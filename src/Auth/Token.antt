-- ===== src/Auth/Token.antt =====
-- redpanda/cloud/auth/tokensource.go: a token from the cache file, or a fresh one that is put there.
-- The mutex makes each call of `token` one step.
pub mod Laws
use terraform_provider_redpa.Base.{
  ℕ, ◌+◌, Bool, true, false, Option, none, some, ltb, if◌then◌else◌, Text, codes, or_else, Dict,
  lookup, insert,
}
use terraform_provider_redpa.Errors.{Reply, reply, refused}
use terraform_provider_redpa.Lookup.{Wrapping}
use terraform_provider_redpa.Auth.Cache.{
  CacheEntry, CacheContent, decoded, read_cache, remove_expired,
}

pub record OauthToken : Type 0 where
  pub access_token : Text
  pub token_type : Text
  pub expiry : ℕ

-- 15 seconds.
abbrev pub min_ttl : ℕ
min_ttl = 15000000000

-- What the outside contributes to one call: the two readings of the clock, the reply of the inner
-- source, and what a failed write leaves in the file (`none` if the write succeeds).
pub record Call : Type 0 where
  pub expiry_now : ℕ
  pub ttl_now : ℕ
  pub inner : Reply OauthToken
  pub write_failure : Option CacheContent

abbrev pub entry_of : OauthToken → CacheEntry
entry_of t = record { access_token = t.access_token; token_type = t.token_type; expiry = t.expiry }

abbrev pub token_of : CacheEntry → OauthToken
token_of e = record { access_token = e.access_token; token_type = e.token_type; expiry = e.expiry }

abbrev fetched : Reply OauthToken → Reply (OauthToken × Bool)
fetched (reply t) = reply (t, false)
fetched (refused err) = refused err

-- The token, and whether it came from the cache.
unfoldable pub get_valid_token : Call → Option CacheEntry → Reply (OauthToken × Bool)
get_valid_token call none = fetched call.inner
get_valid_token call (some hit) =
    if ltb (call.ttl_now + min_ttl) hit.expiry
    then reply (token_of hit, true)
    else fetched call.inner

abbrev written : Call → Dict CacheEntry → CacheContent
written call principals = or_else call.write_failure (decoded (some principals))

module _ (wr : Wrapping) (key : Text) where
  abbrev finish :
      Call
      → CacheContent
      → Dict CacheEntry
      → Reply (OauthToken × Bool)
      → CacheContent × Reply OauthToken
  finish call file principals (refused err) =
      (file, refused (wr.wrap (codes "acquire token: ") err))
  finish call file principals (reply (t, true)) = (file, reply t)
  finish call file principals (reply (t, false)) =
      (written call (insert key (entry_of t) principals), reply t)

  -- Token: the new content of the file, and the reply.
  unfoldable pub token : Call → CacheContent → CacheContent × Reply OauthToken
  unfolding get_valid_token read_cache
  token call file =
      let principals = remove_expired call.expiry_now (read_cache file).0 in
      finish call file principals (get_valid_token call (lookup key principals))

=======

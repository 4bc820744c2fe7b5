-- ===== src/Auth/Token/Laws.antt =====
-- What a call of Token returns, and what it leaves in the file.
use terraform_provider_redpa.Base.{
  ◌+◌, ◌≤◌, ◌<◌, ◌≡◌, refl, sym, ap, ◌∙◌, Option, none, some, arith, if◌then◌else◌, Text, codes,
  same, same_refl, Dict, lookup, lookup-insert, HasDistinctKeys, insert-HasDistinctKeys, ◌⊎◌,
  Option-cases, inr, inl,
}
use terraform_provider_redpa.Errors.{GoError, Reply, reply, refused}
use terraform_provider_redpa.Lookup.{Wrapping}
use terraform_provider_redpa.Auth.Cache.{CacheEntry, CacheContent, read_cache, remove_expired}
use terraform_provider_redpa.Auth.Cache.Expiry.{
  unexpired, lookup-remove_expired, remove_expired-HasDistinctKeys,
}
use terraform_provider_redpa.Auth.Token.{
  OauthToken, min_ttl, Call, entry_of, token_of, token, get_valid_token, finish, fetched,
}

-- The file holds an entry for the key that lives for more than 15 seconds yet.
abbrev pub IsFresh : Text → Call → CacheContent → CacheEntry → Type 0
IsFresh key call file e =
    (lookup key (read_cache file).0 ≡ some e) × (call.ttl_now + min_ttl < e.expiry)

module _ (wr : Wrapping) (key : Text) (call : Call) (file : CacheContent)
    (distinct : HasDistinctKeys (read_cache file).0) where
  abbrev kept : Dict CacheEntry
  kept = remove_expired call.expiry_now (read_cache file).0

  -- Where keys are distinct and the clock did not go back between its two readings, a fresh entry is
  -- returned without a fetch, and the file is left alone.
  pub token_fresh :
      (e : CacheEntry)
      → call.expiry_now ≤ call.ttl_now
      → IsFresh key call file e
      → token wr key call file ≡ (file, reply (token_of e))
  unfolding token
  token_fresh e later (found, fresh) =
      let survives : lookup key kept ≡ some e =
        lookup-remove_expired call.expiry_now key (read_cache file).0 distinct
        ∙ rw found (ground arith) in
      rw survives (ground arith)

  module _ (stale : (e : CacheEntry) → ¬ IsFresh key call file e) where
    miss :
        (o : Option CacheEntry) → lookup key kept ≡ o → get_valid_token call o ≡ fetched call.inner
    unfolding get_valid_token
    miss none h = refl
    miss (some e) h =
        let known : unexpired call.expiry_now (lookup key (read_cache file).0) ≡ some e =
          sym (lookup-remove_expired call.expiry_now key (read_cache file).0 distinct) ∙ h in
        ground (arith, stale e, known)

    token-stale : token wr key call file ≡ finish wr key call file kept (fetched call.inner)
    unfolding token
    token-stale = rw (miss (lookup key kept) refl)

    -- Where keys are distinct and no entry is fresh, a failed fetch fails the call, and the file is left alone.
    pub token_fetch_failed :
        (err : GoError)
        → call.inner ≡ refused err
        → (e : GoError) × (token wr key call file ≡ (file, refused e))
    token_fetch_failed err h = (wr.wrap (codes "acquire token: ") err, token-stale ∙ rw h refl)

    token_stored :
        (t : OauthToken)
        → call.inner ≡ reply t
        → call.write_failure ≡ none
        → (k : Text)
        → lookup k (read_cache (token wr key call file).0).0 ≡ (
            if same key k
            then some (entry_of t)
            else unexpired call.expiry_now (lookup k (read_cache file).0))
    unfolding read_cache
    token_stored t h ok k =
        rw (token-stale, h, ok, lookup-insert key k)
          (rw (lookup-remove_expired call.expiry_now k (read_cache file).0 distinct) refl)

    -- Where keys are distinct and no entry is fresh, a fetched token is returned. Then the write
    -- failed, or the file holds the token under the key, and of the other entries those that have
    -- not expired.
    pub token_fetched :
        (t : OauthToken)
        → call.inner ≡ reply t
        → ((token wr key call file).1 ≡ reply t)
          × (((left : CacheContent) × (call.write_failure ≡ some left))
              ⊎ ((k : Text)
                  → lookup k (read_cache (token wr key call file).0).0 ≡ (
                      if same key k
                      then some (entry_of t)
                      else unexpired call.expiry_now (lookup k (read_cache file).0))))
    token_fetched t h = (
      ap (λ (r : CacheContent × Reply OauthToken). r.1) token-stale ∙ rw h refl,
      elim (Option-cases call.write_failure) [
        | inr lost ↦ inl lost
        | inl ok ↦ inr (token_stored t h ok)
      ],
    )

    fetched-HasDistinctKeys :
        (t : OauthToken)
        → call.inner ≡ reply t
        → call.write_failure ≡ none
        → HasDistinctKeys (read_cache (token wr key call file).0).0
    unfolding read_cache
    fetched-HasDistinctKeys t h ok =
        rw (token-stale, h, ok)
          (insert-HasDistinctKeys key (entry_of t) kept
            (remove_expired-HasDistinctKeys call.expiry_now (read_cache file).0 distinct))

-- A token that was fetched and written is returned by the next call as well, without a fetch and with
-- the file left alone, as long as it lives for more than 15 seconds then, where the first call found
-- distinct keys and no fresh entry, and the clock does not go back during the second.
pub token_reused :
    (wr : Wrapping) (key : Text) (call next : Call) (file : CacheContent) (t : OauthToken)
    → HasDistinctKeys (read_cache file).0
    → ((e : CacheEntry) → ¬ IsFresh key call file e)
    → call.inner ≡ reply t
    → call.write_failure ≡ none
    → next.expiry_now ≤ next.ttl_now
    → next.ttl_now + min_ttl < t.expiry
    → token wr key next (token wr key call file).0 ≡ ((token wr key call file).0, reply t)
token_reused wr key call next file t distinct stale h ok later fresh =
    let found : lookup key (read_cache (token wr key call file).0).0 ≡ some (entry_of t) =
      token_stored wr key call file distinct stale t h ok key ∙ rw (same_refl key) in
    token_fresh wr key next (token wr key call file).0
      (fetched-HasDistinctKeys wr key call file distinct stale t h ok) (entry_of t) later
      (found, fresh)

=======

> REQUIRED WORK:
The answer must be every line from the records above that contains the word "known", copied in full.

> EXERCISE RESPONSE:
        let known : unexpired call.expiry_now (lookup key (read_cache file).0) ≡ some e =
        ground (arith, stale e, known)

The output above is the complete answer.